IC: It was interesting because Singapore is a globalised state. We are a first world country and we draw a lot of Western influences. So, you are exposed to a lot of Western ideals and Western values. I grew up alongside the rise of queer visibility. I was fortunate that when I was young, I could see a gay person on screen. So when you grow up like that, you kind of get accustomed to Western ideals but this country is still very traditional. It’s a first world country with third world beliefs. So there is a dichotomy there. You find ways to still live happily, but you can be happier.

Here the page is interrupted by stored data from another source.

-- ===== src/Extensions/Owners.antt =====
-- Each capability that the registry publishes belongs to an extension that it publishes.
use nju_personal_assistant.Base.{
  String, List, [], ◌∷◌, some, Dict, lookup, insert, ◌==◌, string_eq, ◌≡◌, refl, sym, ap, ◌∙◌,
  arith, inl, inr, Bool-cases, All, All-map, All-append, lookup-insert_fresh, lookup-insert,
  lookup-insert_self,
}
use nju_personal_assistant.Domain.Errors.{ok}
use nju_personal_assistant.Domain.Checking.{bind-eq-ok}
use nju_personal_assistant.Extensions.Registry.{
  ExtensionRecord, CapabilityOwner, Built, claims_of, claims_of_slot, claims_of_slots, add_claims,
  build_one, build_from,
}
use nju_personal_assistant.Extensions.Rebuilding.{build_one-eq, add_claims-eq}
use mathlib.Core.Path.{subst}

-- The owner is the extension and its version.
abbrev pub IsOwner : ExtensionRecord → CapabilityOwner → Type 0
IsOwner r o = (r.manifest.id ≡ o.extension_id) × (r.manifest.version ≡ o.extension_version)

claims_of_slot-IsOwner :
    (r : ExtensionRecord) (slot : String) (cs : List String)
    → All (λ x. IsOwner r x.1) (claims_of_slot r.manifest slot cs)
unfolding claims_of_slot
claims_of_slot-IsOwner r slot [] = tt
claims_of_slot-IsOwner r slot (c ∷ cs) = ((refl, refl), claims_of_slot-IsOwner r slot cs)

claims_of_slots-IsOwner :
    (r : ExtensionRecord) (slots : Dict String (List String))
    → All (λ x. IsOwner r x.1) (claims_of_slots r.manifest slots)
unfolding claims_of_slots
claims_of_slots-IsOwner r [] = tt
claims_of_slots-IsOwner r ((slot, cs) ∷ rest) =
    All-append (λ x. IsOwner r x.1) (claims_of_slot r.manifest slot cs)
      (claims_of_slots r.manifest rest) (claims_of_slot-IsOwner r slot cs)
      (claims_of_slots-IsOwner r rest)

-- What holds of all the owners
abbrev EachOwner : (CapabilityOwner → Type 0) → Dict String CapabilityOwner → Type 0
EachOwner P d = (c : String) (o : CapabilityOwner) → lookup c d ≡ some o → P o

insert-EachOwner :
    (P : CapabilityOwner → Type 0) (c : String) (o : CapabilityOwner)
    (d : Dict String CapabilityOwner)
    → P o
    → EachOwner P d
    → EachOwner P (insert c o d)
insert-EachOwner P c o d p each k q h = elim (Bool-cases (c == k)) [
  | inl e ↦ let at : o ≡ q = ground (arith, e, lookup-insert c k o d, h) in subst P at p
  | inr e ↦ each k q (ground (arith, e, lookup-insert c k o d, h))
]

add_claims-EachOwner :
    (P : CapabilityOwner → Type 0) (l : List (String × CapabilityOwner))
    (d d' : Dict String CapabilityOwner)
    → All (λ x. P x.1) l
    → EachOwner P d
    → add_claims l d ≡ ok d'
    → EachOwner P d'
unfolding add_claims
add_claims-EachOwner P [] d d' p each h =
    let same : d ≡ d' = ground (arith, h) in λ c o k. each c o (ap (lookup c) same ∙ k)
add_claims-EachOwner P ((c, o) ∷ l) d d' (p, ps) each h =
    let (fresh, h') = add_claims-eq c o l d d' h in
    add_claims-EachOwner P l (insert c o d) d' ps (insert-EachOwner P c o d p each) h'

-- An extension of the version is published under the owner's id.
abbrev IsServed : Dict String ExtensionRecord → CapabilityOwner → Type 0
IsServed e o = (r : ExtensionRecord) × (lookup o.extension_id e ≡ some r) × IsOwner r o

build_one-IsServed :
    (r : ExtensionRecord) (b b' : Built)
    → build_one (lookup r.manifest.id b.0) r b ≡ ok b'
    → EachOwner (IsServed b.0) b.1
    → EachOwner (IsServed b'.0) b'.1
unfolding claims_of
build_one-IsServed r b b' h each =
    let (fresh, one, at) = build_one-eq r b b' h in
    let e = insert r.manifest.id r b.0 in
    subst (λ e. EachOwner (IsServed e) b'.1) (sym one)
      (add_claims-EachOwner (IsServed e) (claims_of r) b.1 b'.1
        (All-map
          (λ x (own, at).
            (r, ap (λ z. lookup z e) (sym own) ∙ lookup-insert_self r.manifest.id r b.0, (own, at)))
          (claims_of r) (claims_of_slots-IsOwner r r.manifest.slots))
        (λ c o k.
          let (q, stored, own) = each c o k in
          (q, lookup-insert_fresh r.manifest.id o.extension_id r q b.0 fresh stored, own))
        at)

pub build_from-IsServed :
    (rs : List ExtensionRecord) (b b' : Built)
    → build_from rs b ≡ ok b'
    → EachOwner (IsServed b.0) b.1
    → EachOwner (IsServed b'.0) b'.1
unfolding build_from
build_from-IsServed [] b b' h each =
    let same : b ≡ b' = ground (arith, h) in subst (λ z. EachOwner (IsServed z.0) z.1) same each
build_from-IsServed (r ∷ rs) b b' h each =
    let (b1, h1, h2) = bind-eq-ok (build_one (lookup r.manifest.id b.0) r b) (build_from rs) h in
    build_from-IsServed rs b1 b' h2 (build_one-IsServed r b b1 h1 each)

I am tired of being treated like second-class when I give to you the same as any other person. I’ll pay my taxes, I do the Singaporean shit. I’m one of your own. I was born and raised here, but if it’s like this, I shouldn’t be able to call this a ‘home’, which is very sad. Let’s change that.
THG: What kind of changes would you like to see?
IC: I just hope that we can be open with who we love. That we don’t have to hide lah. With my partner now, I don’t really hide it. We do hold hands in public sometimes. I can do that, knowing that Singaporeans are not confrontational people, but it’s the idea of knowing that I am not supported. That is heartbreaking, and that is scary, that if it comes down to a law, I’m not even recognised. It sucks to know that. It’s almost like, you do what you want, but if we catch you, then it’s done. I just want to BTO with my boyfriend next time.
I could never picture myself living anywhere else. Never. I do believe that I will leave Singapore for a couple of years and go somewhere else and work, but Singapore is always home, I will always come back.
THG: How do you love a country that doesn’t really accept you?
IC: I love it because of what I’ve attached to it. It’s really the memories and the people. To me at least, Singapore is safe, it’s efficient, and everything is so in reach. That’s what I appreciate. But it’s also the memories and the people. They make up the country. And I know Singapore like the back of my hand; that’s a familiarity that you cannot relearn. And also, the food. It’s the teh o bing (iced tea without milk) for me. I love teh o bing, and I can’t get it anywhere else.
THG: We’ve explored how you navigated being gay as part of the Christian community, and also in Singapore. In your own personal life, was being gay something that you had to learn to embrace?
IC: Yeah, I mean when you’re growing up gay, you spend quite a sizable amount of your adolescent years trying to make sense of yourself. And when you do that, you try to take up as little space as possible, you try to keep quiet, which I could never keep quiet to be honest. But I tried. The first few times you come out, it feels great. You feel liberated, but it’s very sad. Because no one should ever feel like they are liberated from something that’s just themselves. It’s truly not a big deal that someone’s gay, so even the idea of coming out is like, why do we need that?
THG: You’re still evolving as a creative and an artist. Where would you say you are now?
IC: I think I am now finding my bearings. I’ve released a single, and I’m in film school. I feel like a baby bird leaving the nest and walking in the woods, not really flying yet. Just walking around, gathering up my little twigs to build my own little nest with my friends. It feels like I’m definitely budding. I’m very excited because in some weird foresight moments, I can see myself doing great things.
THG: What kind of impact do you hope to leave on this world, and on the people you’ve interacted with? What do you want your legacy to be?
IC: I want people to remember to always be kind, to approach everything you do with kindness, including yourself, especially yourself and the people around you in the world. I realised that there’s no bigger ‘f*** you’ to the world, than to give kindness to a place that just wants to give hate. It takes so much courage to choose to love and be good. And you only gain from being kind, good, and authentic to yourself. Another point is to be authentic, be yourself, but make sure that version of yourself is not a dick. Please be your unapologetic self, but be kind.
Also, stream my music and buy my shit. That’s my other legacy.